For the repeatable deep-tier (the 17% that is structured rather than noise):

  • Substantive length (2,500 to 3,500 words) with high statistics density (10+ per 1,000 words).
  • Original analysis or technical depth (positive primary-source signal), not aggregation of other sources.
  • Site-wide technical hygiene at 95% or higher: canonical tags, meta descriptions, schema, on every page (not just cited pages).
  • Niche specialization. Pick one topic vertical you can credibly own. 15 to 50 substantive pages, not 500 thin ones across every topic.
  • Cross-platform indexation. Submit sitemaps to Bing (for ChatGPT), Google (for Google AI Mode), and verify Claude and Perplexity crawlers are reaching you in your server logs.

For the playbook on becoming a repeat-cited domain specifically, see How to Get Cited Consistently in AI Answers. The short version: domain-level signals build over 6 to 12 months, page-level work compounds inside that.

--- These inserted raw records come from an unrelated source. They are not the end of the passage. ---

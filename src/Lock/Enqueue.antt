-- ===== src/Lock/Enqueue.antt =====
-- What a request that joins the queue of its node does to the view.
use reiser.Base.{
  ℕ, ◌+◌, ◌≡◌, refl, sym, ap, ◌∙◌, Bool, true, false, [], ◌∷◌, ◌++◌, if◌then◌else◌, ◌==◌, put,
  put_at, put_map, put-put,
}
use reiser.Lock.State.{Mode, is_write, Zlock, World, put_zlock}
use reiser.Lock.Primitives.{wake_up_all_lopri_owners}
use reiser.Lock.Longterm.{enqueue_request}
use reiser.Lock.View.{Core, core, zs_of, ts_of}
use reiser.Lock.QueueSteps.{enqueue_core}
use reiser.Lock.Effects.{wake_up-zs, wake_up-ts}

-- What a request adds to the counters of its node.
abbrev counted_request : Bool → Mode → Zlock → Zlock
counted_request true mode z = record z {
  nr_hipri_requests = z.nr_hipri_requests + 1;
  nr_hipri_write_requests =
      if is_write mode then z.nr_hipri_write_requests + 1 else z.nr_hipri_write_requests;
}
counted_request false mode z = z

abbrev joined : ℕ → Core → Core
joined me z = record z { requestors = z.requestors ++ me ∷ [] }

signaled-zs :
    (w : World) (n : ℕ) (b : Bool) → zs_of (if b then wake_up_all_lopri_owners w n else w) ≡ zs_of w
signaled-zs w n true = wake_up-zs w n
signaled-zs w n false = refl

signaled-ts :
    (w : World) (n : ℕ) (b : Bool) → ts_of (if b then wake_up_all_lopri_owners w n else w) ≡ ts_of w
signaled-ts w n true = wake_up-ts w n
signaled-ts w n false = refl

pub enqueue_request-zs :
    (w : World) (me : ℕ) (hipri : Bool)
    → hipri ≡ (w.stacks me).curpri
    → let n = (w.stacks me).request.node in
      zs_of (enqueue_request w me hipri)
      ≡ put (zs_of w) n (enqueue_core (ts_of w me) me (zs_of w n))
unfolding enqueue_request
enqueue_request-zs w me true e =
    let s = w.stacks me in
    let n = s.request.node in
    let z = w.zlocks n in
    let counted = counted_request true s.request.mode z in
    let w1 = put_zlock w n counted in
    let w2 = if z.nr_hipri_owners == 0 then wake_up_all_lopri_owners w1 n else w1 in
    let waited : zs_of w2 ≡ put (zs_of w) n (core counted) =
      signaled-zs w1 n (z.nr_hipri_owners == 0) ∙ put_map core w.zlocks n counted in
    put_map core w2.zlocks n
      (record (w2.zlocks n) { requestors = (w2.zlocks n).requestors ++ me ∷ [] })
    ∙ ap (λ (f : ℕ → Core). put f n (joined me (f n))) waited
    ∙ ap (λ (a : Core). put (put (zs_of w) n (core counted)) n (joined me a))
        (put_at (zs_of w) n (core counted))
    ∙ put-put (zs_of w) n (core counted) (joined me (core counted))
    ∙ (rw (sym e))
enqueue_request-zs w me false e =
    let s = w.stacks me in
    let n = s.request.node in
    put_map core w.zlocks n
      (record (w.zlocks n) { requestors = (w.zlocks n).requestors ++ me ∷ [] })
    ∙ (rw (sym e))

pub enqueue_request-ts :
    (w : World) (me : ℕ) (hipri : Bool) → ts_of (enqueue_request w me hipri) ≡ ts_of w
unfolding enqueue_request
enqueue_request-ts w me true =
    let s = w.stacks me in
    let n = s.request.node in
    let z = w.zlocks n in
    signaled-ts (put_zlock w n (counted_request true s.request.mode z)) n (z.nr_hipri_owners == 0)
enqueue_request-ts w me false = refl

The 58% of citations that are fuzzy-retrieval noise is not something to optimize for. There is no consistent pattern at the page level. Targeting it directly would mean optimizing for randomness.

Read the full study

The full paper, including methodology, sensitivity tests, the per-platform breakdowns, the per-vertical heterogeneity analysis, and the pre-registration log, is at The SEO Floor: Measuring Google Rank Distribution of AI-Cited Pages. Pre-registered at OSF, code and data on Zenodo.

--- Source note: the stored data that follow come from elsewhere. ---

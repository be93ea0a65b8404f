-- ===== src/Lock/Asking.antt =====
-- longterm_lock_znode keeps the counters of the locks and their queues.
use mathlib.Core.Path.{fun_ext}
use reiser.Base.{
  ℕ, ◌≡◌, refl, ap, ◌∙◌, Bool, true, false, ◌&&◌, if◌then◌else◌, if_cases, put, arith,
}
use reiser.Lock.State.{
  Mode, no_lock, is_no_lock, is_read, is_write, Answer, ok, einval, e_repeat, e_deadlock,
  capture_failed, World, put_stack, is_locked, is_wlocked,
}
use reiser.Lock.Primitives.{
  lock_object, recursive, can_lock_object, set_high_priority, set_low_priority, remove_lock_request,
}
use reiser.Lock.Longterm.{
  Outcome, returns, sleeps, loops, set_mode, lock_tail, lock_begin, lock_recursive,
  prepare_to_sleep, enqueue_request, lock_captured, lock_resume, tryfast_captured,
}
use reiser.Lock.View.{owner_ids, Thread, thread, ts_of, put_same}
use reiser.Lock.Counting.{MayLock}
use reiser.Lock.System.{Sound, to_sound, enqueue-IsSystem, wake-IsSystem, leave-IsSystem}
use reiser.Lock.Effects.{remove_lock_request-zs}
use reiser.Lock.Requests.{
  set_high_priority-Sound, set_low_priority-Sound, request-Sound, lock_object-Sound,
  compatible-MayLock, can_lock_object-compatible, recursive-MayLock,
}
use reiser.Lock.Enqueue.{enqueue_request-zs, enqueue_request-ts}

-- The set of the sleeping threads after a call.
abbrev pub asleep_after : Outcome → (ℕ → Bool) → ℕ → ℕ → Bool
asleep_after sleeps asleep me = put asleep me true
asleep_after (returns a) asleep me = asleep
asleep_after loops asleep me = asleep

abbrev pub Kept : (ℕ → Bool) → ℕ → Outcome × World → Type 0
Kept asleep me (outcome, w) = Sound (asleep_after outcome asleep me) w

module _ {asleep : ℕ → Bool} (w : World) (me : ℕ) (v : Sound asleep w) (a : asleep me ≡ false) where
  pub set_mode-Sound : (mode : Mode) → Sound asleep (set_mode w me mode)
  set_mode-Sound mode =
      let s = w.stacks me in
      request-Sound w me v (record s { request = record s.request { mode = mode } }) s.request.node
        mode a refl

  pub lock_begin-Sound :
      (handle n : ℕ) (mode : Mode) (hipri : Bool)
      → Sound asleep (lock_begin w me handle n mode hipri)
  unfolding lock_begin
  lock_begin-Sound handle n mode hipri =
      let w1 = if hipri then set_high_priority w me else set_low_priority w me in
      let s = w1.stacks me in
      let v1 : Sound asleep w1 =
        if_cases (λ (w : World). Sound asleep w) hipri (λ e. set_high_priority-Sound w me v a)
          (λ e. set_low_priority-Sound w me v a) in
      request-Sound w1 me v1
        (record s { request = record s.request { mode = mode; handle = handle; node = n } }) n mode
        a refl

  granted-Kept :
      let s = w.stacks me in
      let z = w.zlocks s.request.node in
      MayLock (is_read s.request.mode) z.nr_readers (owner_ids z.owners) me
      → Kept asleep me (lock_tail w me ok)
  unfolding lock_tail
  granted-Kept m =
      let w1 = lock_object w me in
      let s = w1.stacks me in
      request-Sound w1 me (lock_object-Sound w me v m)
        (record s { request = record s.request { mode = no_lock } }) s.request.node no_lock a refl

  pub answered-Kept :
      (answer : Answer) → can_lock_object w me ≡ answer → Kept asleep me (lock_tail w me answer)
  unfolding lock_tail
  answered-Kept ok e =
      let s = w.stacks me in
      let z = w.zlocks s.request.node in
      granted-Kept (
        compatible-MayLock z s.request.mode (owner_ids z.owners) me
          (can_lock_object-compatible w me e))
  answered-Kept einval e = v
  answered-Kept e_repeat e = v
  answered-Kept e_deadlock e = v
  answered-Kept (capture_failed k) e = v

  -- A writer may lock the node again: the node it has locked is write locked once for each handle.
  pub lock_recursive-Kept :
      (let request = (w.stacks me).request in
        is_write request.mode ≡ true
        → recursive w me ≡ true
        → is_wlocked (w.zlocks request.node) ≡ true)
      → Kept asleep me (lock_recursive w me)
  unfolding lock_recursive recursive
  lock_recursive-Kept h =
      let request = (w.stacks me).request in
      let z = w.zlocks request.node in
      if_cases (λ (r : Outcome × World). Kept asleep me r)
        (is_locked z && is_write request.mode && recursive w me)
        (λ e.
          let m : is_write request.mode ≡ true = ground (arith, e) in
          let f : recursive w me ≡ true = ground (arith, e) in
          granted-Kept (
            recursive-MayLock z z.nr_readers request.mode me z.owners m f (h m f)
              (v.view.cores request.node).counted))
        (λ e. v)

  pub enqueue_request-Sound :
      (hipri : Bool)
      → hipri ≡ (w.stacks me).curpri
      → is_no_lock (w.stacks me).request.mode ≡ false
      → Sound (put asleep me true) (enqueue_request w me hipri)
  enqueue_request-Sound hipri e m =
      to_sound (enqueue_request w me hipri) (enqueue_request-zs w me hipri e)
        (enqueue_request-ts w me hipri) (enqueue-IsSystem v me a m)

  pub lock_captured-Kept :
      (hipri non_blocking : Bool) (captured : Answer)
      → hipri ≡ (w.stacks me).curpri
      → is_no_lock (w.stacks me).request.mode ≡ false
      → Kept asleep me (lock_captured w me hipri non_blocking captured)
  unfolding lock_captured
  lock_captured-Kept hipri non_blocking ok e m =
      (elim (can_lock_object w me)
          as (λ (x : Answer).
            can_lock_object w me ≡ x
            → Kept asleep me (elim x [
              | e_repeat ↦
                  if non_blocking
                  then (returns e_repeat, w)
                  else elim (prepare_to_sleep (w.stacks me)) [
                    | ok ↦ (sleeps, enqueue_request w me hipri)
                    | answer ↦ (returns answer, w)
                  ]
              | answer ↦ lock_tail w me answer
            ])) [
              | e_repeat ↦ λ f.
                  if_cases (λ (r : Outcome × World). Kept asleep me r) non_blocking (λ g. v)
                    (λ g.
                      elim (prepare_to_sleep (w.stacks me))
                        as (λ (x : Answer). Kept asleep me (elim x [
                          | ok ↦ (sleeps, enqueue_request w me hipri)
                          | answer ↦ (returns answer, w)
                        ])) [
                          | ok ↦ enqueue_request-Sound hipri e m
                          | einval ↦ v
                          | e_repeat ↦ v
                          | e_deadlock ↦ v
                          | capture_failed k ↦ v
                        ])
              | ok ↦ λ f. answered-Kept ok f
              | einval ↦ λ f. answered-Kept einval f
              | e_deadlock ↦ λ f. answered-Kept e_deadlock f
              | capture_failed k ↦ λ f. answered-Kept (capture_failed k) f
            ])
        refl
  lock_captured-Kept hipri non_blocking einval e m = set_mode-Sound no_lock
  lock_captured-Kept hipri non_blocking e_repeat e m = set_mode-Sound no_lock
  lock_captured-Kept hipri non_blocking e_deadlock e m = set_mode-Sound no_lock
  lock_captured-Kept hipri non_blocking (capture_failed k) e m = set_mode-Sound no_lock

  -- The read lock without flags.
  pub tryfast_captured-Kept : (captured : Answer) → Kept asleep me (tryfast_captured w me captured)
  unfolding tryfast_captured
  tryfast_captured-Kept ok =
      (elim (can_lock_object w me)
          as (λ (x : Answer).
            can_lock_object w me ≡ x
            → Kept asleep me (elim x [ e_repeat ↦ (loops, w) | answer ↦ lock_tail w me answer ])) [
              | e_repeat ↦ λ f. v
              | ok ↦ λ f. answered-Kept ok f
              | einval ↦ λ f. answered-Kept einval f
              | e_deadlock ↦ λ f. answered-Kept e_deadlock f
              | capture_failed k ↦ λ f. answered-Kept (capture_failed k) f
            ])
        refl
  tryfast_captured-Kept einval = set_mode-Sound no_lock
  tryfast_captured-Kept e_repeat = set_mode-Sound no_lock
  tryfast_captured-Kept e_deadlock = set_mode-Sound no_lock
  tryfast_captured-Kept (capture_failed k) = set_mode-Sound no_lock

-- A thread wakes up.
pub lock_resume-Sound :
    {asleep : ℕ → Bool} (w : World) (me : ℕ)
    → Sound asleep w
    → asleep me ≡ true
    → Sound (put asleep me false) (lock_resume w me).1
unfolding lock_resume
lock_resume-Sound {asleep} w me v a =
    let s = w.stacks me in
    let w1 = put_stack w me (record s { wakeup = false }) in
    let same : ts_of w1 ≡ ts_of w =
      fun_ext (put_same thread w.stacks me (record s { wakeup = false }) refl) in
    let v1 : Sound asleep w1 = to_sound w1 refl same v in
    if_cases (λ (r : Outcome × World). Sound (put asleep me false) r.1) (is_no_lock s.request.mode)
      (λ e. wake-IsSystem v1 me (ap (λ (f : ℕ → Thread). is_no_lock (f me).mode) same ∙ e))
      (λ e.
        to_sound (remove_lock_request w1 me) (remove_lock_request-zs w1 me) refl
          (leave-IsSystem v1 me a (ap (λ (f : ℕ → Thread). is_no_lock (f me).mode) same ∙ e)))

Two ways to put this on your own site. For a fast self-serve check of how your pages score against the citation predictors, run our AI Visibility Quick Check. It scans your URL and flags the page-level signals that separate the repeatable cohort from noise.

For a personal walkthrough, request a Free AI Visibility Video Audit. We pull your actual citation data and the comparison pool for your top queries, and walk you through where your domain sits across the three populations and which fixes have the highest leverage for your specific site.

The "is GEO just SEO" debate is over. SEO is the gate for a quarter of citations. A distinct set of GEO levers, mostly domain-level, drives another 17%. The rest is noise. Plan accordingly.